Phasenweise sind solche langen Etappen fast schon ein wenig einschläfernd. Den Abstand der Ausreißer ließ das Feld jedoch nie über drei, vier Minuten anwachsen. Cirka 50 km vor dem Ziel setzte sich CSC-Saxo Bank in den Wind und sorgte mit einem kräftigen Antritt dafür, dass das Tempo mächtig anzog. Zu diesem Zeitpunkt befand ich mich relativ weit hinten im Feld, so dass ich in diesem kurzen Moment der Unaufmerksamkeit mit ungefähr vierzig anderen Fahrern abgehängt wurde.
Zusammen mit meinem Teamkollegen Harald Totschnig und einigen Fahrern aus der Whirlpool-Mannschaft nahmen wir die Beine in die Hand und setzten alles auf Verfolgung. Es dauerte ganze 20 km, bis wir das Hauptfeld wieder „eingefangen“ hatten.

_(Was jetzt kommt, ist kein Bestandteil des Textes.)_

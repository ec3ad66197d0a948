-- ===== src/Items/Crawler/Climb.antt =====
-- One round of the LRU crawler of memcached-1.4/items.c for one class: the crawler comes one place
-- nearer to the head of its list or is taken out, and the other crawlers stay.
use reading_and_comprehense.Base.{
  ℕ, ◌+◌, ◌<◌, ◌≤◌, ◌≡◌, ◌≢◌, ◌⊎◌, inl, inr, refl, ◌∙◌, true, false, Option, none, some, List, [],
  ◌∷◌, arith, ◌==◌, if◌then◌else◌, Bool-cases,
}
use reading_and_comprehense.Assoc.Chain.{to_nat}
use reading_and_comprehense.Memory.{sub32}
use reading_and_comprehense.Items.{
  Store, item_at, remove_ptr, refcount_incr, refcount_decr, item_free, do_item_remove,
  do_item_unlink, mark_unlinked, hash_delete, item_unlink_q,
}
use reading_and_comprehense.Slabs.{do_slabs_free}
use reading_and_comprehense.Items.Alloc.{Env, expired_or_flushed}
use reading_and_comprehense.Items.Consistent.{count_ptr}
use reading_and_comprehense.Items.Crawler.{Crawl, enabled, crawl_list, visit, item_crawler_evaluate}

-- The items before an address in a list.
unfoldable pub ahead : ℕ → List ℕ → ℕ
ahead p [] = 0
ahead p (x ∷ xs) = let n = ahead p xs in if x == p then 0 else n + 1

pub ahead-remove : (p x : ℕ) (xs : List ℕ) → x ≢ p → ahead p (remove_ptr x xs) ≤ ahead p xs
unfolding ahead remove_ptr
ahead-remove p x [] ne = omega arith
ahead-remove p x (y ∷ xs) ne = ground (arith, ahead-remove p x xs)

pub count-remove_other :
    (p x : ℕ) (xs : List ℕ) → x ≢ p → count_ptr p (remove_ptr x xs) ≡ count_ptr p xs
unfolding count_ptr remove_ptr
count-remove_other p x [] ne = refl
count-remove_other p x (y ∷ xs) ne = ground (arith, count-remove_other p x xs)

-- What crawl_list does with a list in which the crawler stands once.
pub data Crawled (p : ℕ) (xs : List ℕ) : Option ℕ × List ℕ → Type 0 where
  done :
      {ys : List ℕ}
      → count_ptr p (remove_ptr p ys) ≡ 0
      → ((q : ℕ) → q ≢ p → (count_ptr q ys ≡ count_ptr q xs))
      → Crawled p xs (none, ys)
  moved :
      {x : ℕ} {ys : List ℕ}
      → x ≢ p
      → 0 < count_ptr x xs
      → ahead p ys + 1 ≡ ahead p xs
      → ((q : ℕ) → count_ptr q ys ≡ count_ptr q xs)
      → Crawled p xs (some x, ys)

none_there : (p : ℕ) → count_ptr p [] ≢ 1
unfolding count_ptr
none_there p h = ground arith

tail_count : (p x : ℕ) (xs : List ℕ) → x ≢ p → count_ptr p (x ∷ xs) ≡ 1 → count_ptr p xs ≡ 1
unfolding count_ptr
tail_count p x xs ne h = ground arith

absent-remove : (p : ℕ) (xs : List ℕ) → count_ptr p xs ≡ 0 → count_ptr p (remove_ptr p xs) ≡ 0
unfolding count_ptr remove_ptr
absent-remove p [] h = refl
absent-remove p (x ∷ xs) h = ground (arith, absent-remove p xs)

cons-Crawled :
    (p x : ℕ) (xs : List ℕ) (r : Option ℕ × List ℕ)
    → x ≢ p
    → Crawled p xs r
    → Crawled p (x ∷ xs) (r.0, x ∷ r.1)
unfolding count_ptr ahead remove_ptr
cons-Crawled p x xs _ ne (done out same) =
    done (ground (arith, out)) (λ q other. ground (arith, same q other))
cons-Crawled p x xs _ ne (moved other here up same) =
    moved other (ground (arith, here)) (ground (arith, up)) (λ q. ground (arith, same q))

at_head :
    (p x y : ℕ) (xs : List ℕ)
    → count_ptr p (x ∷ y ∷ xs) ≡ 1
    → x ≡ p
    → Crawled p (x ∷ y ∷ xs) (none, y ∷ xs)
unfolding count_ptr
at_head p x y xs h e = done (absent-remove p (y ∷ xs) (ground arith)) (λ q other. ground arith)

swapped : (p x y : ℕ) (xs : List ℕ) → x ≢ p → y ≡ p → Crawled p (x ∷ y ∷ xs) (some x, p ∷ x ∷ xs)
unfolding count_ptr ahead
swapped p x y xs ne e = moved ne (ground arith) (ground arith) (λ q. ground arith)

only_one : (p x : ℕ) → count_ptr p (x ∷ []) ≡ 1 → Crawled p (x ∷ []) (none, x ∷ [])
unfolding count_ptr remove_ptr
only_one p x h = done (ground arith) (λ q other. refl)

pub crawl_list-Crawled : (p : ℕ) (xs : List ℕ) → count_ptr p xs ≡ 1 → Crawled p xs (crawl_list p xs)
unfolding crawl_list
crawl_list-Crawled p [] h = absurd (none_there p h)
crawl_list-Crawled p (x ∷ []) h = only_one p x h
crawl_list-Crawled p (x ∷ y ∷ xs) h = elim (Bool-cases (x == p)) [
  | inl e ↦ rw e (at_head p x y xs h (ground arith))
  | inr ne ↦ elim (Bool-cases (y == p)) [
    | inl e ↦ rw (ne, e) (swapped p x y xs (ground arith) (ground arith))
    | inr more ↦
        rw (ne, more)
          (cons-Crawled p x (y ∷ xs) (crawl_list p (y ∷ xs)) (ground arith)
            (crawl_list-Crawled p (y ∷ xs) (tail_count p x (y ∷ xs) (ground arith) h)))
  ]
]

module _ (x : ℕ) (st : Store) where
  pub remove-lru : (k : ℕ) → (do_item_remove x st).lru k ≡ st.lru k
  unfolding do_item_remove refcount_decr item_free
  remove-lru k = ground arith

  pub remove-others : (q : ℕ) → q ≢ x → item_at (do_item_remove x st) q ≡ item_at st q
  unfolding do_item_remove refcount_decr item_free do_slabs_free
  remove-others q ne = ground arith

module _ (x hv : ℕ) (st : Store) where
  pub unlink-lru :
      (k : ℕ)
      → ((do_item_unlink x hv st).lru k ≡ st.lru k)
        ⊎ ((do_item_unlink x hv st).lru k ≡ remove_ptr x (st.lru k))
  unfolding do_item_unlink mark_unlinked hash_delete item_unlink_q
  unlink-lru k =
      ground (arith, remove-lru x (item_unlink_q x (hash_delete x hv (mark_unlinked x st))) k)

  pub unlink-others : (q : ℕ) → q ≢ x → item_at (do_item_unlink x hv st) q ≡ item_at st q
  unfolding do_item_unlink mark_unlinked hash_delete item_unlink_q
  unlink-others q ne =
      ground (arith, remove-others x (item_unlink_q x (hash_delete x hv (mark_unlinked x st))) q)

module _ (x hv : ℕ) (st : Store) where
  abbrev dropped : Store
  dropped = do_item_remove x (do_item_unlink x hv st)

  drop-lru : (k : ℕ) → (dropped.lru k ≡ st.lru k) ⊎ (dropped.lru k ≡ remove_ptr x (st.lru k))
  drop-lru k = ground (arith, remove-lru x (do_item_unlink x hv st) k, unlink-lru x hv st k)

  drop-others : (q : ℕ) → q ≢ x → item_at dropped q ≡ item_at st q
  drop-others q ne = remove-others x (do_item_unlink x hv st) q ne ∙ unlink-others x hv st q ne

module _ (x hv i : ℕ) (st : Store) where
  evaluate-lru :
      (k : ℕ)
      → ((item_crawler_evaluate x hv i st).lru k ≡ st.lru k)
        ⊎ ((item_crawler_evaluate x hv i st).lru k ≡ remove_ptr x (st.lru k))
  unfolding item_crawler_evaluate refcount_decr
  evaluate-lru k = elim (Bool-cases (expired_or_flushed st (item_at st x))) [
    | inl e ↦ rw e (drop-lru x hv _ k)
    | inr e ↦ rw e (inl refl)
  ]

  evaluate-others : (q : ℕ) → q ≢ x → item_at (item_crawler_evaluate x hv i st) q ≡ item_at st q
  unfolding item_crawler_evaluate refcount_decr
  evaluate-others q ne = elim (Bool-cases (expired_or_flushed st (item_at st x))) [
    | inl e ↦ rw e (drop-others x hv _ q ne)
    | inr e ↦ rw e (ground arith)
  ]

-- What the crawler does with an item may take the item out of a list, and writes to it alone.
module _ (env : Env) (i x : ℕ) (st : Store) where
  pub visit-lru :
      (k : ℕ)
      → ((visit env i x st).lru k ≡ st.lru k) ⊎ ((visit env i x st).lru k ≡ remove_ptr x (st.lru k))
  unfolding visit refcount_incr refcount_decr
  visit-lru k =
      let hv = env.hash (item_at st x).key in
      elim (Bool-cases (env.trylock hv)) [
        | inr busy ↦ rw busy (inl refl)
        | inl free ↦ rw free (elim (Bool-cases ((item_at (refcount_incr x st) x).refcount == 2)) [
          | inr held ↦ rw held (inl refl)
          | inl ours ↦ rw ours (evaluate-lru x hv i (refcount_incr x st) k)
        ])
      ]

  pub visit-others : (q : ℕ) → q ≢ x → item_at (visit env i x st) q ≡ item_at st q
  unfolding visit refcount_incr refcount_decr
  visit-others q ne =
      let hv = env.hash (item_at st x).key in
      elim (Bool-cases (env.trylock hv)) [
        | inr busy ↦ rw busy refl
        | inl free ↦ rw free (elim (Bool-cases ((item_at (refcount_incr x st) x).refcount == 2)) [
          | inr held ↦ rw held (ground arith)
          | inl ours ↦ rw ours (evaluate-others x hv i (refcount_incr x st) q ne ∙ ground arith)
        ])
      ]

-- The crawlers stand in the lists: an enabled crawler once in the list of its class, no other anywhere.
pub record Placed (c : Crawl) : Type 0 where
  pub distinct : (i j : ℕ) → i ≢ j → c.crawlers.crawler i ≢ c.crawlers.crawler j
  pub mine : (i : ℕ) → count_ptr (c.crawlers.crawler i) (c.store.lru i) ≡ to_nat (enabled c i)
  pub others : (i j : ℕ) → i ≢ j → count_ptr (c.crawlers.crawler i) (c.store.lru j) ≡ 0

abbrev pub ahead_of : Crawl → ℕ → ℕ
ahead_of c i = ahead (c.crawlers.crawler i) (c.store.lru i)

-- The class has no crawler, or it is taken out, or it comes nearer to the head.
abbrev pub Outcome : ℕ → Crawl → Crawl → Type 0
Outcome i c c' =
    ((enabled c i ≡ false)
      × (enabled c' i ≡ false)
      × (c'.crawlers.crawler_count ≡ c.crawlers.crawler_count))
    ⊎ ((enabled c i ≡ true)
        × (enabled c' i ≡ false)
        × (c'.crawlers.crawler_count ≡ sub32 c.crawlers.crawler_count 1))
    ⊎ ((enabled c i ≡ true)
        × (enabled c' i ≡ true)
        × (ahead_of c' i < ahead_of c i)
        × (c'.crawlers.crawler_count ≡ c.crawlers.crawler_count))

-- A round for the class `i`.
pub record Passed (i : ℕ) (c c' : Crawl) : Type 0 where
  pub array : (j : ℕ) → c'.crawlers.crawler j ≡ c.crawlers.crawler j
  pub same : (j : ℕ) → j ≢ i → enabled c' j ≡ enabled c j
  pub no_further : (j : ℕ) → j ≢ i → ahead_of c' j ≤ ahead_of c j
  pub outcome : Outcome i c c'
  pub placed : Placed c'
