-- ===== src/Items/Crawler/Round.antt =====
-- crawl_class keeps the crawlers in their places: the cases of a round of the LRU crawler of
-- memcached-1.4/items.c.
use reading_and_comprehense.Base.{
  ℕ, ◌+◌, ◌-◌, ◌<◌, ◌≤◌, ◌≡◌, ◌≢◌, inl, inr, refl, sym, ap, ◌∙◌, true, Option, List, arith,
  Bool-cases, update,
}
use reading_and_comprehense.Assoc.Chain.{to_nat}
use reading_and_comprehense.Items.{item_at, remove_ptr}
use reading_and_comprehense.Items.Alloc.{Env}
use reading_and_comprehense.Items.Consistent.{count_ptr, count_ptr-remove}
use reading_and_comprehense.Items.Crawler.{
  Crawl, enabled, crawl_list, visit, retire, crawl_found, crawl_class, set_lru, spent,
}
use reading_and_comprehense.Items.Crawler.Climb.{
  ahead, ahead-remove, count-remove_other, Crawled, done, moved, crawl_list-Crawled, visit-lru,
  visit-others, Placed, Passed,
}

module _ (i : ℕ) (c : Crawl) (w : Placed c) (rem : ℕ → ℕ) (xs : List ℕ)
    (same : (q : ℕ) → q ≢ c.crawlers.crawler i → count_ptr q xs ≡ count_ptr q (c.store.lru i)) where
  abbrev p : ℕ
  p = c.crawlers.crawler i

  -- The state in which the crawler has moved in its list.
  abbrev at_xs : Crawl
  at_xs = record {
    crawlers = record (c.crawlers) { remaining = rem };
    store = set_lru i xs c.store;
  }

  retire-Passed :
      enabled c i ≡ true → count_ptr p (remove_ptr p xs) ≡ 0 → Passed i c (retire i at_xs)
  unfolding retire
  retire-Passed on gone = record {
    array = λ j. refl;
    same = λ j ne. ground (arith, w.distinct i j);
    no_further = λ j ne. ground arith;
    outcome = inr (inl (on, ground arith, refl));
    placed = record {
      distinct = w.distinct;
      mine = λ j. ground (arith, w.mine j, w.distinct i j);
      others = λ j k ne. ground (
        arith,
        w.others j k,
        w.distinct i j,
        count-remove_other (c.crawlers.crawler j) p xs,
        same (c.crawlers.crawler j),
      );
    };
  }

  visit-Passed :
      (env : Env) (x : ℕ)
      → enabled c i ≡ true
      → x ≢ p
      → 0 < count_ptr x (c.store.lru i)
      → ahead p xs + 1 ≡ ahead p (c.store.lru i)
      → count_ptr p xs ≡ count_ptr p (c.store.lru i)
      → Passed i c (record at_xs { store = visit env i x at_xs.store })
  visit-Passed env x on other here up once =
      let st' = visit env i x at_xs.store in
      let apart : (j : ℕ) → x ≢ c.crawlers.crawler j = (λ j. ground (arith, w.others j i)) in
      let items : (j : ℕ)
          → item_at st' (c.crawlers.crawler j) ≡ item_at c.store (c.crawlers.crawler j) =
        (λ j. visit-others env i x at_xs.store (c.crawlers.crawler j) (λ e. apart j (sym e))) in
      let flags : (j : ℕ) → enabled (record at_xs { store = st' }) j ≡ enabled c j =
        (λ j. rw (items j) refl) in
      let counts : (j k : ℕ)
          → count_ptr (c.crawlers.crawler j) (st'.lru k)
            ≡ count_ptr (c.crawlers.crawler j) (at_xs.store.lru k) =
        (λ j k. ground (
          arith,
          visit-lru env i x at_xs.store k,
          count-remove_other (c.crawlers.crawler j) x (at_xs.store.lru k),
          apart j,
        )) in
      let aheads : (j : ℕ)
          → ahead (c.crawlers.crawler j) (st'.lru j)
            ≤ ahead (c.crawlers.crawler j) (at_xs.store.lru j) =
        (λ j. ground (
          arith,
          visit-lru env i x at_xs.store j,
          ahead-remove (c.crawlers.crawler j) x (at_xs.store.lru j),
          apart j,
        )) in
      record {
        array = λ j. refl;
        same = λ j ne. flags j;
        no_further = λ j ne. ground (arith, aheads j);
        outcome = inr (inr (on, flags i ∙ on, ground (arith, aheads i), refl));
        placed = record {
          distinct = w.distinct;
          mine = λ j.
              counts j j
              ∙ (ground (arith, w.mine j, same (c.crawlers.crawler j), once)
                  ∙ ap to_nat (sym (flags j)));
          others = λ j k ne.
              counts j k
              ∙ ground (arith, w.others j k, same (c.crawlers.crawler j), w.distinct i j);
        };
      }

module _ (env : Env) (i : ℕ) (c : Crawl) (w : Placed c) where
  found-Passed :
      (r : Option ℕ × List ℕ)
      → enabled c i ≡ true
      → Crawled (c.crawlers.crawler i) (c.store.lru i) r
      → Passed i c (crawl_found env i c r)
  unfolding crawl_found
  found-Passed _ on (done {ys = xs} gone same) =
      retire-Passed i c w c.crawlers.remaining xs same on gone
  found-Passed _ on (moved {x} {ys = xs} other here up same) =
      let left = c.crawlers.remaining i in
      let rem = update c.crawlers.remaining i (left - 1) in
      let p' = c.crawlers.crawler i in
      elim (Bool-cases (spent left)) [
        | inl e ↦ rw e (
            retire-Passed i c w rem xs (λ q ne. same q) on
              (ground (arith, w.mine i, same p', count_ptr-remove p' p' xs)))
        | inr e ↦ rw e (visit-Passed i c w rem xs (λ q ne. same q) env x on other here up (same p'))
      ]

  -- One round for a class moves its crawler nearer to the head or takes it out of the list; no other
  -- crawler is enabled, disabled or set back, and all stay in their places.
  pub crawl_class-Passed : Passed i c (crawl_class env i c)
  unfolding crawl_class
  crawl_class-Passed = elim (Bool-cases (enabled c i)) [
    | inl on ↦ rw on (
        found-Passed (crawl_list (c.crawlers.crawler i) (c.store.lru i)) on
          (crawl_list-Crawled (c.crawlers.crawler i) (c.store.lru i) (w.mine i ∙ ap to_nat on)))
    | inr off ↦ rw off (record {
      array = λ j. refl;
      same = λ j ne. refl;
      no_further = λ j ne. omega arith;
      outcome = inl (off, off, refl);
      placed = w;
    })
  ]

Danach gab es immer wieder Attacken. Aber erst 10 km vor dem Ziel gelang es acht Fahrern sich abzusetzen. Da die wichtigsten Mannschaften vorne mit vertreten waren, setzte das Peloton nicht mehr alles daran die Ausreißer zurück zu holen. Mit ca. 19 Sekunden Vorsprung kamen die schließlich ins Ziel.
Vorne mit dabei war auch mein Teamkollege Ján Valach, der im packenden Finale auf den tollen zweiten Platz sprinten konnte. Ich versuchte zwar noch, Steffen Radochla mit nach vorne zu bringen, doch leider war bei der Verfolgungsarbeit schon zu viele Körner auf der Strecke geblieben.
Zur Feier des Tages haben wir auf Jáns Erfolg mit einem kleinen Bier angestoßen. Das hatten wir uns alle verdient nach der anstrengenden Etappe.
Bis morgen
Euer Björn
Björn Thurau hat nach eigenen Worten die Radsport-Gene mit in die Wiege gelegt bekommen. Der Sohn von Didi Thurau fährt in seiner ersten Profisaison für das österreichische Pro Continental-Team Elk Haus Simplon und hat bei der Sachsen-Tour einen seiner wenigen Auftritte in Deutschland in dieser Saison. Für Radsport-news berichtet Thurau, der zum Auftakt seinen 20. Geburtstag feierte, täglich über seinen Einsatz im Freistaat.